» **EXERCISE INSTRUCTIONS**:
In the entries that follow, find the line containing "now input s).0))"; from there, copy every line exactly through the line containing "let (responder, (norm, stores))".
____________
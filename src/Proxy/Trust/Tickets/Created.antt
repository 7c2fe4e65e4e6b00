-- ===== src/Proxy/Trust/Tickets/Created.antt =====
-- A ticket that was created is pending, and can be confirmed, until it expires.
use clawdentity.Shared.{
  ℕ, ◌*◌, ◌<◌, ◌≡◌, refl, ◌∙◌, ap, String, true, false, Option, none, some, arith, eq_iff, eq_refl,
}
use clawdentity.Shared.Dict.{
  get, get-set_self, get-delete_self, get-retain_of_keep, get-retain-none,
}
use clawdentity.Shared.Text.{trim}
use clawdentity.Proxy.Trust.Keys.{normalize_expiry_to_whole_second}
use clawdentity.Proxy.Trust.Types.{
  TrustState, TicketFunctions, Outcome, ok, failed, PairingTicketInput, PairingTicketResult,
  PairingTicketConfirmInput, PairingTicketConfirmResult, PairingTicketPayload, StoredTicket,
}
use clawdentity.Proxy.Trust.Store.{cleanup, keeps}
use clawdentity.Proxy.Trust.Confirm.{
  begin_confirm, begin_parsed, begin_stored, finish_confirm, finish_begun, confirm_pairing_ticket,
  is_past, is_for, forbids,
}
use clawdentity.Proxy.Trust.Tickets.{
  create_pairing_ticket, create_parsed, store_ticket, normalize_responder, stored_ticket, created,
}

-- The store holds this pending ticket, and no confirmed one of its id.
abbrev IsPending : String → StoredTicket → TrustState → Type 0
IsPending kid t s =
    (get s.pairing_tickets kid ≡ some t) × (get s.confirmed_pairing_tickets kid ≡ none)

-- A cleanup that skips a ticket leaves it.
cleanup-IsPending :
    (now : ℕ) (kid : String) (t : StoredTicket) (s : TrustState)
    → IsPending kid t s
    → IsPending kid t (cleanup now (some kid) s)
unfolding cleanup keeps
cleanup-IsPending now kid t s (h, h') = (
  get-retain_of_keep _ s.pairing_tickets kid t h (ground (arith, eq_refl kid)),
  get-retain-none _ s.confirmed_pairing_tickets kid h',
)

-- The pair that a confirmation of this ticket returns.
abbrev pub agreed : StoredTicket → PairingTicketConfirmInput → PairingTicketConfirmResult
agreed t c = record {
  initiator_agent_did = t.initiator_agent_did;
  initiator_profile = t.initiator_profile;
  responder_agent_did = c.responder_agent_did;
  responder_profile = c.responder_profile;
  issuer_proxy_url = t.issuer_proxy_url;
}

module _ (fns : TicketFunctions) where
  -- A call that succeeds has passed its guards.
  create_passes :
      (input : PairingTicketInput) (parsed : PairingTicketPayload) (s : TrustState)
      (r : PairingTicketResult)
      → (create_parsed fns input (ok parsed) s).1 ≡ ok r
      → (create_parsed fns input (ok parsed) s
          ≡ store_ticket fns input parsed
              (normalize_responder fns input.allow_responder_agent_did)
              s)
        × (parsed.exp * 1000 ≡ normalize_expiry_to_whole_second input.expires_at_ms)
  unfolding create_parsed
  create_passes input parsed s r h = ground arith

  -- What is stored: the ticket for this responder, pending.
  abbrev Stores :
      PairingTicketInput
      → PairingTicketPayload
      → Option String
      → PairingTicketResult
      → TrustState
      → Type 0
  Stores input parsed responder r t =
      (r ≡ created (stored_ticket fns input parsed responder))
      × IsPending parsed.kid (stored_ticket fns input parsed responder) t

  store-Stores :
      (input : PairingTicketInput) (parsed : PairingTicketPayload) (o : Outcome (Option String))
      (s : TrustState) (r : PairingTicketResult)
      → (store_ticket fns input parsed o s).1 ≡ ok r
      → (responder : Option String) × ((o ≡ ok responder)
          × Stores input parsed responder r (store_ticket fns input parsed o s).0)
  unfolding store_ticket
  store-Stores input parsed (failed e) s r h = cc
  store-Stores input parsed (ok responder) s r h = (
    responder,
    (
      refl,
      (
        cc (h),
        (
          get-set_self s.pairing_tickets parsed.kid _,
          get-delete_self s.confirmed_pairing_tickets parsed.kid,
        ),
      ),
    ),
  )

  create-Stores :
      (now : ℕ) (input : PairingTicketInput) (parsed : PairingTicketPayload) (s : TrustState)
      (r : PairingTicketResult)
      → fns.parse_pairing_ticket (fns.normalize_pairing_ticket_text input.ticket) ≡ ok parsed
      → (create_pairing_ticket fns now input s).1 ≡ ok r
      → (responder : Option String) × ((normalize_responder fns input.allow_responder_agent_did
            ≡ ok responder)
          × ((parsed.exp * 1000 ≡ normalize_expiry_to_whole_second input.expires_at_ms)
              × Stores input parsed responder r (create_pairing_ticket fns now input s).0))
  unfolding create_pairing_ticket
  create-Stores now input parsed s r e h =
      let h' : (create_parsed fns input (ok parsed) (cleanup now none s)).1 ≡ ok r = rw e at h in
      let (same, expiry) = create_passes input parsed (cleanup now none s) r h' in
      let (responder, (norm, stores)) =
        store-Stores input parsed _ (cleanup now none s) r (rw same at h') in
      (responder, (norm, (expiry, rw (e, same) stores)))

  pending_confirm :
      (now confirm_ms : ℕ) (c : PairingTicketConfirmInput) (parsed : PairingTicketPayload)
      (t : StoredTicket) (s : TrustState)
      → fns.parse_pairing_ticket (fns.normalize_pairing_ticket_text c.ticket) ≡ ok parsed
      → IsPending parsed.kid t s
      → fns.verify_pairing_ticket_signature parsed t.public_key_x ≡ true
      → now < t.expires_at_ms
      → now < parsed.exp * 1000
      → t.issuer_proxy_url ≡ parsed.iss
      → forbids t.allow_responder_agent_did c.responder_agent_did ≡ false
      → (confirm_pairing_ticket fns now confirm_ms c s).1 ≡ ok (agreed t c)
  unfolding confirm_pairing_ticket begin_confirm begin_parsed begin_stored is_for finish_begun
      finish_confirm is_past
  pending_confirm now confirm_ms c parsed t s e h signed early early' issuer permitted =
      let (h', h'') = cleanup-IsPending now parsed.kid t s h in
      rw (e, h', h'')
        (ground
          (arith, signed, early, early', eq_iff t.issuer_proxy_url parsed.iss, issuer, permitted))

  -- A ticket that was created is confirmed by a responder who presents it before its expiry with the
  -- signature of the stored key and whom the ticket does not exclude; the pair that is returned is
  -- the initiator of the ticket and this responder.
  pub create-confirm :
      (now later confirm_ms : ℕ) (input : PairingTicketInput) (c : PairingTicketConfirmInput)
      (s : TrustState) (parsed : PairingTicketPayload) (r : PairingTicketResult)
      → fns.parse_pairing_ticket (fns.normalize_pairing_ticket_text input.ticket) ≡ ok parsed
      → (create_pairing_ticket fns now input s).1 ≡ ok r
      → fns.normalize_pairing_ticket_text c.ticket ≡ fns.normalize_pairing_ticket_text input.ticket
      → later < r.expires_at_ms
      → fns.verify_pairing_ticket_signature parsed (trim input.public_key_x) ≡ true
      → ((did : String)
          → normalize_responder fns input.allow_responder_agent_did ≡ ok (some did)
          → did ≡ c.responder_agent_did)
      → (t : StoredTicket) × (((confirm_pairing_ticket fns later confirm_ms c
              (create_pairing_ticket fns now input s).0).1
            ≡ ok (agreed t c))
          × (r ≡ created t))
  unfolding forbids
  create-confirm now later confirm_ms input c s parsed r e h same early signed permitted =
      let (responder, (norm, (expiry, (result, stores)))) =
        create-Stores now input parsed s r e h in
      let t = stored_ticket fns input parsed responder in
      let expires : r.expires_at_ms ≡ normalize_expiry_to_whole_second input.expires_at_ms =
        cc (result) in
      (
        t,
        (
          pending_confirm later confirm_ms c parsed t _ (ap fns.parse_pairing_ticket same ∙ e)
              stores signed (omega (arith, early, expires)) (omega (arith, early, expires, expiry))
              refl (permits responder (λ did k. permitted did (norm ∙ ap ok k))),
          result,
        ),
      )
    where
      permits :
          (o : Option String)
          → ((did : String) → o ≡ some did → did ≡ c.responder_agent_did)
          → forbids o c.responder_agent_did ≡ false
      permits none k = refl
      permits (some did) k = ground (arith, eq_iff did c.responder_agent_did, k did refl)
____________
» **PROBLEM SOLUTION**:
              × Stores input parsed responder r (create_pairing_ticket fns now input s).0))
  unfolding create_pairing_ticket
  create-Stores now input parsed s r e h =
      let h' : (create_parsed fns input (ok parsed) (cleanup now none s)).1 ≡ ok r = rw e at h in
      let (same, expiry) = create_passes input parsed (cleanup now none s) r h' in
      let (responder, (norm, stores)) =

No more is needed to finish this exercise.